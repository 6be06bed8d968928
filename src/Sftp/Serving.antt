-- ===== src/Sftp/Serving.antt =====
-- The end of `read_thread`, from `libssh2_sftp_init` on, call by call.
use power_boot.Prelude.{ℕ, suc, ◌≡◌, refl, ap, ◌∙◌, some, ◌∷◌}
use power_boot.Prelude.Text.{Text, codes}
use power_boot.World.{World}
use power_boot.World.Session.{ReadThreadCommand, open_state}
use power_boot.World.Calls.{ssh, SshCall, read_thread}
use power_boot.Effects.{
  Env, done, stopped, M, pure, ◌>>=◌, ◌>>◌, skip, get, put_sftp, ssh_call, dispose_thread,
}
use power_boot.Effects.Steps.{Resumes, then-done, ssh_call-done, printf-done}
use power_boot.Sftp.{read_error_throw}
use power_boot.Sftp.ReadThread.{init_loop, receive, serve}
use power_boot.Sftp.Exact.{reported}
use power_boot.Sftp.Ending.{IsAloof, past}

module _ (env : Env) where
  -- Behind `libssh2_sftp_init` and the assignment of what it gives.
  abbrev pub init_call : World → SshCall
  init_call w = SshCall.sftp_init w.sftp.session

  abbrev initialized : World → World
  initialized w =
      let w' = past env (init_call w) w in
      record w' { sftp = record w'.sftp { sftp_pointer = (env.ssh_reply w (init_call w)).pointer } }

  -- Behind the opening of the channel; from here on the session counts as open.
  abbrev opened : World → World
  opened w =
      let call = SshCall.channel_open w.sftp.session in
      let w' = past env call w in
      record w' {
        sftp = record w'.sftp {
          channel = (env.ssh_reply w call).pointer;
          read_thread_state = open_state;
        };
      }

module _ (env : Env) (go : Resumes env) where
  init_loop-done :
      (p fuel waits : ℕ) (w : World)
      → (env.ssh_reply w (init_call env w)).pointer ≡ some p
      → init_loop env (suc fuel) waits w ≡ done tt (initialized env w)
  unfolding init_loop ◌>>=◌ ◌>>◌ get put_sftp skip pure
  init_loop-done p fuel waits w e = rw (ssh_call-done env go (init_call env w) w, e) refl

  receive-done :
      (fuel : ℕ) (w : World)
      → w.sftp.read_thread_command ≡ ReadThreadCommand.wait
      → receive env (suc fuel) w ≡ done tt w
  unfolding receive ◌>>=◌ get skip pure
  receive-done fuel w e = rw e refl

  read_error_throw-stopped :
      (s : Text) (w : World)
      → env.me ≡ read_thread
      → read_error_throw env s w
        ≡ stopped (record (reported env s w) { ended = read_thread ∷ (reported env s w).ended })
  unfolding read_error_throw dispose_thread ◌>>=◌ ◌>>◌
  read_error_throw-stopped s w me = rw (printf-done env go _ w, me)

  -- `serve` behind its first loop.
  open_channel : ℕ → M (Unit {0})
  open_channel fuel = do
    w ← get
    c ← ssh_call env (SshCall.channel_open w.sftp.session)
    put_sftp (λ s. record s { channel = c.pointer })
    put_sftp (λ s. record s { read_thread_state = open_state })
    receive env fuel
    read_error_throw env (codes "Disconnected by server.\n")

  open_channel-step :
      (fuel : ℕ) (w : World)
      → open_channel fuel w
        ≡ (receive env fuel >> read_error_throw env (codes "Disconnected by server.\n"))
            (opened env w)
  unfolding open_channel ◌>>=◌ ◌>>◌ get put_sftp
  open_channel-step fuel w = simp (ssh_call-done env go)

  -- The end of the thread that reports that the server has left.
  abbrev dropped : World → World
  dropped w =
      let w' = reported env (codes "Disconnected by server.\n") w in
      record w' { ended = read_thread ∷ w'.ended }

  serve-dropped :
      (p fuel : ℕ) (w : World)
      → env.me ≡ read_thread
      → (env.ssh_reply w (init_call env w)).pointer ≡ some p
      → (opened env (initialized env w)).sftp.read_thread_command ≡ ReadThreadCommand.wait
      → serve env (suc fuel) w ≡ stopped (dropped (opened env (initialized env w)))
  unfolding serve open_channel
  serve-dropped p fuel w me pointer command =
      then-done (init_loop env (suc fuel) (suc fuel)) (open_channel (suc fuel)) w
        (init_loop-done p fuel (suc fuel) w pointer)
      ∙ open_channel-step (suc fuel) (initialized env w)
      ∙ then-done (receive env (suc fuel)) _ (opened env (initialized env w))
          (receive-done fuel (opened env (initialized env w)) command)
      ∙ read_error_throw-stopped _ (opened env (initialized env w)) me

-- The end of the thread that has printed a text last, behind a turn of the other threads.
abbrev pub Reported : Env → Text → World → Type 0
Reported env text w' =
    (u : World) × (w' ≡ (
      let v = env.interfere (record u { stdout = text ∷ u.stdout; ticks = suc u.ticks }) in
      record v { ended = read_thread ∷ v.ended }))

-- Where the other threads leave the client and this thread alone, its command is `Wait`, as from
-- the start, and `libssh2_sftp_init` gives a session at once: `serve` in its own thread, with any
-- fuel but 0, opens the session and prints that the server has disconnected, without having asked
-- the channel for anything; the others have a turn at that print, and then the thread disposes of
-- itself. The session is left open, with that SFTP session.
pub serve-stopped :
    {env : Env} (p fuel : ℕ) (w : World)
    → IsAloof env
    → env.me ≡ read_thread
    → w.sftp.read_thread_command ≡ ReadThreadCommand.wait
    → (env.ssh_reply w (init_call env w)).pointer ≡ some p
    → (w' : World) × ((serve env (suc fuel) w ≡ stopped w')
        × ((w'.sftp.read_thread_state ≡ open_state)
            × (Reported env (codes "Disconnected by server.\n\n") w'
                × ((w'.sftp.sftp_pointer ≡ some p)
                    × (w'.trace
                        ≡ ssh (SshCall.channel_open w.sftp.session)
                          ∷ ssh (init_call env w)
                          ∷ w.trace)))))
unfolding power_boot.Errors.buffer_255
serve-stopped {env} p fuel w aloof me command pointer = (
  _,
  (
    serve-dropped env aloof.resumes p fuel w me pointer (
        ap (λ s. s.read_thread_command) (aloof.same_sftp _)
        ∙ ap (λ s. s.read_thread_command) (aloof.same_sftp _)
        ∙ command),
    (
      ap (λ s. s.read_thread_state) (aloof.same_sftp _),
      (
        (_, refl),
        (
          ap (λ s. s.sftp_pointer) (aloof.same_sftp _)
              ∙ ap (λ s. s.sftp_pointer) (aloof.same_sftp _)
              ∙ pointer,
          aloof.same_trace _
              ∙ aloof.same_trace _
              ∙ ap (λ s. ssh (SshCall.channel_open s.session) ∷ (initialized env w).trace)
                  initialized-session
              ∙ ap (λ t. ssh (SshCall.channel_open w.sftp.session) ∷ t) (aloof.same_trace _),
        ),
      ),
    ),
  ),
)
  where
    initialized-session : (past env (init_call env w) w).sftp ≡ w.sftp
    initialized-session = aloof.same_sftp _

=====

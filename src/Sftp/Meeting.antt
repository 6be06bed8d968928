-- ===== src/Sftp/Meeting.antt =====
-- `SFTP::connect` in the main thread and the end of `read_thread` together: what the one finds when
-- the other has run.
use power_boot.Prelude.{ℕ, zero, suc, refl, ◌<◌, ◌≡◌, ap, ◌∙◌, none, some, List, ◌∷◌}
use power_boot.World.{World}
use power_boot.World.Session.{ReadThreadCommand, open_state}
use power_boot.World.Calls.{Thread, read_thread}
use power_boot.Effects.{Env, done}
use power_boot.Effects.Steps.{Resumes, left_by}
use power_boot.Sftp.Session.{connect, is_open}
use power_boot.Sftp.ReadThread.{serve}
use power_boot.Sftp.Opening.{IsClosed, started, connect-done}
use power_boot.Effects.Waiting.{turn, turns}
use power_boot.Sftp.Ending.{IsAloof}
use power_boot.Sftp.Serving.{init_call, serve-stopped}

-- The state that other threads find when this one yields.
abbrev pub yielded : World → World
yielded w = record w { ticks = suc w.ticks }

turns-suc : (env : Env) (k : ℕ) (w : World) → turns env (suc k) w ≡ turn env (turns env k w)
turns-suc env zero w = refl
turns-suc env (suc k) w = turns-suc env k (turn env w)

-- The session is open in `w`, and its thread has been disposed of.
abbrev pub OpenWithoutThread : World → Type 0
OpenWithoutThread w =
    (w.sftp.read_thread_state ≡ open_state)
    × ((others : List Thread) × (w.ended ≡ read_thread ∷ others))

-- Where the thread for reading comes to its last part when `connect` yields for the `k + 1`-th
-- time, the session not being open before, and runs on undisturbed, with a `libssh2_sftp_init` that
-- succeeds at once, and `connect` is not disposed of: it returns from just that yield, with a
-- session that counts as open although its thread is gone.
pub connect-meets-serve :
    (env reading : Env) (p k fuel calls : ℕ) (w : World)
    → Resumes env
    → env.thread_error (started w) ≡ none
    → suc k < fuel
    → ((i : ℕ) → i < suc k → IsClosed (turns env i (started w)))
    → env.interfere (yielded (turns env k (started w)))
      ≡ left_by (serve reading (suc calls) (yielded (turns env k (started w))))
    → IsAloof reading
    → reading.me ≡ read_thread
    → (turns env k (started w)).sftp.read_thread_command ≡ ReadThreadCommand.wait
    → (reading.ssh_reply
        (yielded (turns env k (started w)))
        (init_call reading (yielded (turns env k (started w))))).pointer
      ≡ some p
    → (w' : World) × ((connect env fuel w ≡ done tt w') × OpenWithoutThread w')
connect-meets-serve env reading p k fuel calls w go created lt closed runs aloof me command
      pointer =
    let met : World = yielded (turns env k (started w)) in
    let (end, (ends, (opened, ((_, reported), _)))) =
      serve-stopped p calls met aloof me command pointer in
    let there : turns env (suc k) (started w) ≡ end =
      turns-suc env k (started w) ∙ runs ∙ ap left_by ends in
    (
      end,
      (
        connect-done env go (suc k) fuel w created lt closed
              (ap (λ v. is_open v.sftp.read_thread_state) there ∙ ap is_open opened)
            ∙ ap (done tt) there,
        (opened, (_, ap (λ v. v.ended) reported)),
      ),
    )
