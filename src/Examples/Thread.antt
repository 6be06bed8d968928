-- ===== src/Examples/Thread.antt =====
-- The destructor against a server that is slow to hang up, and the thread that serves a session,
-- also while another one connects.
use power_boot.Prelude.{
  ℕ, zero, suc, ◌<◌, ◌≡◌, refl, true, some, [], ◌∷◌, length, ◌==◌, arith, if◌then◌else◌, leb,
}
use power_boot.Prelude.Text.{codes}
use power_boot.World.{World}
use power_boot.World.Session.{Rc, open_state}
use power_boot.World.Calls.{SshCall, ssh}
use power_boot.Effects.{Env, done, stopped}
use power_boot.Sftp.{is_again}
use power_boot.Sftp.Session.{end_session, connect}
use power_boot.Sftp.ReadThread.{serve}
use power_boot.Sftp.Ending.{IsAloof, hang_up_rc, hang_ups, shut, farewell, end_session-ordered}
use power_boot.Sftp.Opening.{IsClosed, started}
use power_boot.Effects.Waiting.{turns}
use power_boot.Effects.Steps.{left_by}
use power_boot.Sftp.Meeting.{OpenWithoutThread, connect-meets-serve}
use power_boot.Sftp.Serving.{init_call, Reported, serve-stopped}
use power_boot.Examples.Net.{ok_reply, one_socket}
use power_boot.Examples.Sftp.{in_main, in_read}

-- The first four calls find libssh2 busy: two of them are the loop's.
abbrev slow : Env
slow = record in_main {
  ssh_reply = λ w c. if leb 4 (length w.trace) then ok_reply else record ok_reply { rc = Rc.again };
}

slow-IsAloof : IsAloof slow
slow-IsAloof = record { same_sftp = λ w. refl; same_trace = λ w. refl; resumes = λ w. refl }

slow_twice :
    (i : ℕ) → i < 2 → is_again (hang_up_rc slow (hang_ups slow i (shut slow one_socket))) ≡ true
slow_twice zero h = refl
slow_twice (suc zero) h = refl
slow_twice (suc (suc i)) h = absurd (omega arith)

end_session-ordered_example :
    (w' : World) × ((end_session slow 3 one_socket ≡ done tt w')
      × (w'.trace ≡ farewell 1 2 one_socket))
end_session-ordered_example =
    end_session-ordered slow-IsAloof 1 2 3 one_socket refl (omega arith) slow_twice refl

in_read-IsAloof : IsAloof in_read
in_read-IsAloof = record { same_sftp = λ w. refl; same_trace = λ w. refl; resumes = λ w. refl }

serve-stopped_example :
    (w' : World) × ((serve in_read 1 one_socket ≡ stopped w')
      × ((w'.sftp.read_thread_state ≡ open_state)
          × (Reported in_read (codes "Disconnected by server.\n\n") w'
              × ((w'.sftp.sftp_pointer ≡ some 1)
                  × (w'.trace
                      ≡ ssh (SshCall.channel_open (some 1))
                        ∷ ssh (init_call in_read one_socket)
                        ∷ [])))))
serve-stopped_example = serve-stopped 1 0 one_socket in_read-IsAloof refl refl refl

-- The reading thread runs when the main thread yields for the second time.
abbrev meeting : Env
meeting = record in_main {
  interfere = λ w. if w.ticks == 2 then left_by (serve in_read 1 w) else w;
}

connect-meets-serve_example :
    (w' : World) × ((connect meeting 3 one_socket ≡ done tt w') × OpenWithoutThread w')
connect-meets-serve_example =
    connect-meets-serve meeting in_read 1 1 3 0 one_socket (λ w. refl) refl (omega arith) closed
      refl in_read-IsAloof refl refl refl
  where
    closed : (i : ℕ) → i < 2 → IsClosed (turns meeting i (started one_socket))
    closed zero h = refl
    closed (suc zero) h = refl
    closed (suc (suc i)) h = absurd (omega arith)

=====

ACTIVITY: All lines in the listing above with the string "ticks" should be returned.

RESULT:
      let v = env.interfere (record u { stdout = text ∷ u.stdout; ticks = suc u.ticks }) in
yielded w = record w { ticks = suc w.ticks }
  interfere = λ w. if w.ticks == 2 then left_by (serve in_read 1 w) else w;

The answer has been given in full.